We usually pretend that words are neat little signs which point at things. The word "elephant" points at a great big thing with a trunk and floppy eats and a disconcerting tendency to hide in rooms where embarrassing subjects aren't being discussed. That's because we've agreed to use "elephant" to mean "big grey pachyderm". We might have agreed to use "elephant" to mean "skinny blueberry muffin" or "counter-reformation". The staff in Starbucks get confused if I ask for a tall Americano and an elephant, but "gay" means "joyful" whatever the confirmed bachelor lobby want to pretend it means.
If I say "the cat was lapping up the cream" you think of a little furry thing that likes sitting on mats. But if I say "the cat was laying down some hep riffs, man" you spot that I'm talking about a fashionable black American from the 1950s, and not a furry animal at all. But for some reason, if I say "Blackbeard punished the sailor with the cat" you don't imagine the pirate thumping someone over the head with a jazz saxophonist. Or maybe you do.

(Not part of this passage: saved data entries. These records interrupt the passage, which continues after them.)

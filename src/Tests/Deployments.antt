-- ===== src/Tests/Deployments.antt =====
-- An instance of the theorem on the checks of the names.
use ngrok.Prelude.{false, [], ◌∷◌, ◌≡◌, ◌↔◌, none, All}
use ngrok.Prelude.Text.{text}
use ngrok.Admin.Config.{default_server_config, default_like_domain, ServerConfig}
use ngrok.Admin.Env.{Strconv}
use ngrok.Admin.Domains.{configured_domain_list}
use ngrok.Admin.Checks.{Outside, addresses, dns_step_state}
use ngrok.Admin.Checks.Names.{IsKnown, IsServed, dns_step_state_iff}

abbrev no_quotes : Strconv
no_quotes = record { quote = λ s. s; unquote = λ s. none }

abbrev online : Outside
online = record {
  lookup_host = λ host. addresses (text "192.0.2.1" ∷ []);
  unix_time = λ domain. 5;
  getenv = λ key. [];
  exists_file = λ path. false;
}

abbrev web_config : ServerConfig
web_config = record default_server_config { domain = text "web.io" }

dns_step_state_iff_example : (dns_step_state no_quotes online none web_config ≡ text "done") ↔ (
    (default_like_domain web_config.domain ≡ false)
    × All (IsServed online) (configured_domain_list no_quotes none web_config)
    × IsKnown online web_config.control_host)
dns_step_state_iff_example = dns_step_state_iff no_quotes online none web_config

Suppose I write a story in which the main character sees a whale. You know what I mean by "whale". Big fish shaped chap, lives in the sea, squirts water out of its head. But when I say "whale" you don't only think of the big swimmy mammal: you also think of Jonah, who was swallowed by one; and Ahab, who chased one; and hippies, who want to save them. And you probably also think of Star Trek IV: The Voyage Home which probably made you think of Moby Dick. And One Of Our Dinosaurs Is Missing and Pinochio – which were intended to make you think of Jonah, whatever intended means.
If I'm a clever author, I probably know that if a guy in my story goes hunting a whale, then you'll probably think of Captain Ahab. But Moby Dick is such a big famous story that it will spill over into my little story whether I intend it to or not.
A lot of perfectly sensible people thought that the title of the movie "The Passion of the Christ" meant "The Really Strong Feelings of the Christ", "How the Christ Got Really Really Angry" or even "The Love Affair of the Christ." Once upon a time "He loved her passionately" meant "He loved her so much it hurt". But we don't use the word "Passion" in that sense any more. And poor Mel couldn't stop the title meaning a thing he didn't want it to mean, however much he say at home in his room "intending" really, really hard.
It would be very nice if words and symbols all contained nice little nuggets of meaning, in the same way that Christmas puddings contained sixpences. But they don't. They mean lots of different things, and when you put them next to other words, which also mean lots of different things, they mean even more different things. Most of the time, the best we can do is pay attention to who is saying them, and to whom, and where and why and when and make a sort of guess as the kinds of things they probably mean this time.
This is scary and disconcerting and counter-intuitive. People with Aspergers, I'm told, find it particularly hard to deal with. Why, they ask, can't people just say what they damn well mean?
The totemic text during my English degree was not The Golden Bough or Hero With a Thousand Faces or The Interpretation of Dreams: it was Terry Eagleton's Literary Theory. I can't remember if I read that, either.